### INPUT DATA
—————
-- ===== src/Desktop/RunStream/Streams.antt =====
-- Frames may come twice or late, and the text of a stream is still the pieces in their order.
use Prim.Native.String
use onecatch.Base.{
  ℕ, ◌≤◌, ◌<◌, String, true, false, Option, none, some, List, [], ◌∷◌, ◌==◌, ◌&&◌, ◌∙◌, Bool-cases,
  if◌then◌else◌, ◌≡◌, ◌≢◌, ◌⊎◌, inl, inr, ap, refl, arith,
}
use onecatch.Base.Dict
use onecatch.Desktop.RunStream.{
  atomic, delta, Frame, Key, same_key, lookup, insert, Hub, streams_of, key_of, advance, is_news,
  updated, publish,
}

same_key_refl : (k : Key) → same_key k k ≡ true
unfolding same_key
same_key_refl k = ground arith

module _ {R : Type 0} where
  lookup-insert :
      (k j : Key) (f : Frame R) (m : List (Key × Frame R))
      → lookup j (insert k f m) ≡ (if same_key k j then some f else lookup j m)
  unfolding lookup insert same_key
  lookup-insert k j f [] = refl
  lookup-insert k j f ((i, g) ∷ m) = ground (arith, lookup-insert k j f m)

  -- The frame that the hub holds for a stream of a run.
  abbrev pub current : String → Key → Hub R → Option (Frame R)
  current id k h = lookup k (streams_of id h)

  abbrev pub result : Frame R → Hub R → Hub R
  result f h = (publish f h).0

  -- What publishing a streamed frame does to any stream: the stream of the frame advances unless the
  -- frame is old, and every other stream is as before.
  current-publish :
      (f : Frame R) (h : Hub R) (id : String) (k : Key)
      → f.run_id ≢ ""
      → f.stream_id ≢ ""
      → f.phase ≢ atomic
      → current id k (result f h) ≡ (
          if f.run_id == id
          then if same_key (key_of f) k
            then if is_news (current f.run_id (key_of f) h) f
              then some (advance (current f.run_id (key_of f) h) f)
              else current f.run_id k h
            else current id k h
          else current id k h)
  unfolding publish streams_of
  current-publish f h id k r s p = ground (
    arith,
    Dict.lookup-insert f.run_id id (updated f (streams_of f.run_id h)) h.runs,
    lookup-insert (key_of f) k (advance (current f.run_id (key_of f) h) f) (streams_of f.run_id h),
  )

  -- A frame that carries a piece of a stream.
  abbrev Streamed : Frame R → Type 0
  Streamed f = (f.run_id ≢ "") × (f.stream_id ≢ "") × (f.phase ≢ atomic)

  Streamed-cases : (f : Frame R) → (h : Hub R) → Streamed f ⊎ ((result f h) ≡ h)
  unfolding publish
  Streamed-cases f h = ground arith

  news_once :
      (c : Option (Frame R)) (f : Frame R)
      → f.phase ≢ atomic
      → is_news (some (advance c f)) f ≡ false
  unfolding is_news advance
  news_once none f p = ground arith
  news_once (some c) f p = ground arith

  -- A frame that is published twice leaves every stream of every run as one publication leaves it.
  publish_twice :
      (f : Frame R) (h : Hub R) (id : String) (k : Key)
      → current id k (result f (result f h)) ≡ current id k (result f h)
  publish_twice f h id k = elim (Streamed-cases f h) [
    | inl (r, s, p) ↦ ground (
      arith,
      current-publish f h id k r s p,
      current-publish f (result f h) id k r s p,
      current-publish f h f.run_id (key_of f) r s p,
      same_key_refl (key_of f),
      news_once (current f.run_id (key_of f) h) f p,
    )
    | inr e ↦ ap (current id k) (ap (result f) e)
  ]

  revision_advance : (c : Option (Frame R)) (f : Frame R) → (advance c f).revision ≡ f.revision
  unfolding advance
  revision_advance c f = ground arith

  -- A frame that is not newer than what the hub holds of its stream changes no stream.
  publish_stale :
      (f g : Frame R) (h : Hub R) (id : String) (k : Key)
      → current f.run_id (key_of f) h ≡ some g
      → f.revision ≤ g.revision
      → current id k (result f h) ≡ current id k h
  unfolding is_news
  publish_stale f g h id k e l = elim (Streamed-cases f h) [
    | inl (r, s, p) ↦ ground (arith, e, current-publish f h id k r s p)
    | inr same ↦ ap (current id k) same
  ]

  -- A stream that the hub holds is not lost by a publication, and its frame stays or is replaced by one of
  -- a higher revision.
  publish_advances :
      (f g : Frame R) (h : Hub R) (id : String) (k : Key)
      → current id k h ≡ some g
      → (new : Frame R) × (current id k (result f h) ≡ some new)
        × ((new ≡ g) ⊎ (g.revision < new.revision))
  unfolding is_news same_key
  publish_advances f g h id k e = elim (Streamed-cases f h) [
    | inl (r, s, p) ↦
        elim (Bool-cases ((f.run_id == id) && (same_key (key_of f) k && is_news (some g) f))) [
          | inl y ↦ (
            advance (some g) f,
            ground (arith, y, current-publish f h id k r s p),
            inr (ground (arith, y, revision_advance (some g) f)),
          )
          | inr n ↦ (g, ground (arith, n, current-publish f h id k r s p), inl refl)
        ]
    | inr same ↦ (g, ap (current id k) same ∙ e, inl refl)
  ]

  abbrev pub publish_all : List (Frame R) → Hub R → Hub R
  publish_all [] h = h
  publish_all (f ∷ fs) h = publish_all fs (result f h)

  -- The frames are pieces of one stream of a run, with rising revisions above `n`.
  abbrev pub Pieces : String → Key → ℕ → List (Frame R) → Type 0
  Pieces id k n [] = Unit
  Pieces id k n (f ∷ fs) =
      (f.run_id ≡ id)
      × (key_of f ≡ k)
      × (f.phase ≡ delta)
      × (n < f.revision)
      × Pieces id k f.revision fs

  abbrev pub joined : String → List (Frame R) → String
  joined text [] = text
  joined text (f ∷ fs) = joined (String.◌++◌ text f.text) fs

  -- The texts of a stream's pieces are joined in their order: after the pieces of a stream with rising
  -- revisions, its text is the text that it had followed by the texts of the pieces.
  pub publish_all-joined :
      (fs : List (Frame R)) (g : Frame R) (h : Hub R) (id : String) (k : Key)
      → id ≢ ""
      → k.stream_id ≢ ""
      → current id k h ≡ some g
      → Pieces id k g.revision fs
      → (out : Frame R) × (current id k (publish_all fs h) ≡ some out)
        × (out.text ≡ joined g.text fs)
  unfolding is_news same_key advance
  publish_all-joined [] g h id k r s e ps = (g, e, refl)
  publish_all-joined (f ∷ fs) g h id k r s e (fr, fk, fp, l, ps) =
      let c = advance (some g) f in
      let now : current id k (result f h) ≡ some c =
        ground (arith, e, current-publish f h id k (ground arith) (ground arith) (ground arith)) in
      let (out, held, text) = publish_all-joined fs c (result f h) id k r s now (ground arith) in
      (out, held, text ∙ ap (λ u. joined u fs) (ground arith))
—————
### WHAT IS REQUIRED
Each entry in the data should be restated exactly as it was written.

### WRITTEN REPLY
-- ===== src/Desktop/RunStream/Streams.antt =====
-- Frames may come twice or late, and the text of a stream is still the pieces in their order.
use Prim.Native.String
use onecatch.Base.{
  ℕ, ◌≤◌, ◌<◌, String, true, false, Option, none, some, List, [], ◌∷◌, ◌==◌, ◌&&◌, ◌∙◌, Bool-cases,
  if◌then◌else◌, ◌≡◌, ◌≢◌, ◌⊎◌, inl, inr, ap, refl, arith,
}
use onecatch.Base.Dict
use onecatch.Desktop.RunStream.{
  atomic, delta, Frame, Key, same_key, lookup, insert, Hub, streams_of, key_of, advance, is_news,
  updated, publish,
}

same_key_refl : (k : Key) → same_key k k ≡ true
unfolding same_key
same_key_refl k = ground arith

module _ {R : Type 0} where
  lookup-insert :
      (k j : Key) (f : Frame R) (m : List (Key × Frame R))
      → lookup j (insert k f m) ≡ (if same_key k j then some f else lookup j m)
  unfolding lookup insert same_key
  lookup-insert k j f [] = refl
  lookup-insert k j f ((i, g) ∷ m) = ground (arith, lookup-insert k j f m)

  -- The frame that the hub holds for a stream of a run.
  abbrev pub current : String → Key → Hub R → Option (Frame R)
  current id k h = lookup k (streams_of id h)

  abbrev pub result : Frame R → Hub R → Hub R
  result f h = (publish f h).0

  -- What publishing a streamed frame does to any stream: the stream of the frame advances unless the
  -- frame is old, and every other stream is as before.
  current-publish :
      (f : Frame R) (h : Hub R) (id : String) (k : Key)
      → f.run_id ≢ ""
      → f.stream_id ≢ ""
      → f.phase ≢ atomic
      → current id k (result f h) ≡ (
          if f.run_id == id
          then if same_key (key_of f) k
            then if is_news (current f.run_id (key_of f) h) f
              then some (advance (current f.run_id (key_of f) h) f)
              else current f.run_id k h
            else current id k h
          else current id k h)
  unfolding publish streams_of
  current-publish f h id k r s p = ground (
    arith,
    Dict.lookup-insert f.run_id id (updated f (streams_of f.run_id h)) h.runs,
    lookup-insert (key_of f) k (advance (current f.run_id (key_of f) h) f) (streams_of f.run_id h),
  )

  -- A frame that carries a piece of a stream.
  abbrev Streamed : Frame R → Type 0
  Streamed f = (f.run_id ≢ "") × (f.stream_id ≢ "") × (f.phase ≢ atomic)

  Streamed-cases : (f : Frame R) → (h : Hub R) → Streamed f ⊎ ((result f h) ≡ h)
  unfolding publish
  Streamed-cases f h = ground arith

  news_once :
      (c : Option (Frame R)) (f : Frame R)
      → f.phase ≢ atomic
      → is_news (some (advance c f)) f ≡ false
  unfolding is_news advance
  news_once none f p = ground arith
  news_once (some c) f p = ground arith

  -- A frame that is published twice leaves every stream of every run as one publication leaves it.
  publish_twice :
      (f : Frame R) (h : Hub R) (id : String) (k : Key)
      → current id k (result f (result f h)) ≡ current id k (result f h)
  publish_twice f h id k = elim (Streamed-cases f h) [
    | inl (r, s, p) ↦ ground (
      arith,
      current-publish f h id k r s p,
      current-publish f (result f h) id k r s p,
      current-publish f h f.run_id (key_of f) r s p,
      same_key_refl (key_of f),
      news_once (current f.run_id (key_of f) h) f p,
    )
    | inr e ↦ ap (current id k) (ap (result f) e)
  ]

  revision_advance : (c : Option (Frame R)) (f : Frame R) → (advance c f).revision ≡ f.revision
  unfolding advance
  revision_advance c f = ground arith

  -- A frame that is not newer than what the hub holds of its stream changes no stream.
  publish_stale :
      (f g : Frame R) (h : Hub R) (id : String) (k : Key)
      → current f.run_id (key_of f) h ≡ some g
      → f.revision ≤ g.revision
      → current id k (result f h) ≡ current id k h
  unfolding is_news
  publish_stale f g h id k e l = elim (Streamed-cases f h) [
    | inl (r, s, p) ↦ ground (arith, e, current-publish f h id k r s p)
    | inr same ↦ ap (current id k) same
  ]

  -- A stream that the hub holds is not lost by a publication, and its frame stays or is replaced by one of
  -- a higher revision.
  publish_advances :
      (f g : Frame R) (h : Hub R) (id : String) (k : Key)
      → current id k h ≡ some g
      → (new : Frame R) × (current id k (result f h) ≡ some new)
        × ((new ≡ g) ⊎ (g.revision < new.revision))
  unfolding is_news same_key
  publish_advances f g h id k e = elim (Streamed-cases f h) [
    | inl (r, s, p) ↦
        elim (Bool-cases ((f.run_id == id) && (same_key (key_of f) k && is_news (some g) f))) [
          | inl y ↦ (
            advance (some g) f,
            ground (arith, y, current-publish f h id k r s p),
            inr (ground (arith, y, revision_advance (some g) f)),
          )
          | inr n ↦ (g, ground (arith, n, current-publish f h id k r s p), inl refl)
        ]
    | inr same ↦ (g, ap (current id k) same ∙ e, inl refl)
  ]

  abbrev pub publish_all : List (Frame R) → Hub R → Hub R
  publish_all [] h = h
  publish_all (f ∷ fs) h = publish_all fs (result f h)

  -- The frames are pieces of one stream of a run, with rising revisions above `n`.
  abbrev pub Pieces : String → Key → ℕ → List (Frame R) → Type 0
  Pieces id k n [] = Unit
  Pieces id k n (f ∷ fs) =
      (f.run_id ≡ id)
      × (key_of f ≡ k)
      × (f.phase ≡ delta)
      × (n < f.revision)
      × Pieces id k f.revision fs

  abbrev pub joined : String → List (Frame R) → String
  joined text [] = text
  joined text (f ∷ fs) = joined (String.◌++◌ text f.text) fs

  -- The texts of a stream's pieces are joined in their order: after the pieces of a stream with rising
  -- revisions, its text is the text that it had followed by the texts of the pieces.
  pub publish_all-joined :
      (fs : List (Frame R)) (g : Frame R) (h : Hub R) (id : String) (k : Key)
      → id ≢ ""
      → k.stream_id ≢ ""
      → current id k h ≡ some g
      → Pieces id k g.revision fs
      → (out : Frame R) × (current id k (publish_all fs h) ≡ some out)
        × (out.text ≡ joined g.text fs)
  unfolding is_news same_key advance
  publish_all-joined [] g h id k r s e ps = (g, e, refl)
  publish_all-joined (f ∷ fs) g h id k r s e (fr, fk, fp, l, ps) =
      let c = advance (some g) f in
      let now : current id k (result f h) ≡ some c =
        ground (arith, e, current-publish f h id k (ground arith) (ground arith) (ground arith)) in
      let (out, held, text) = publish_all-joined fs c (result f h) id k r s now (ground arith) in
      (out, held, text ∙ ap (λ u. joined u fs) (ground arith))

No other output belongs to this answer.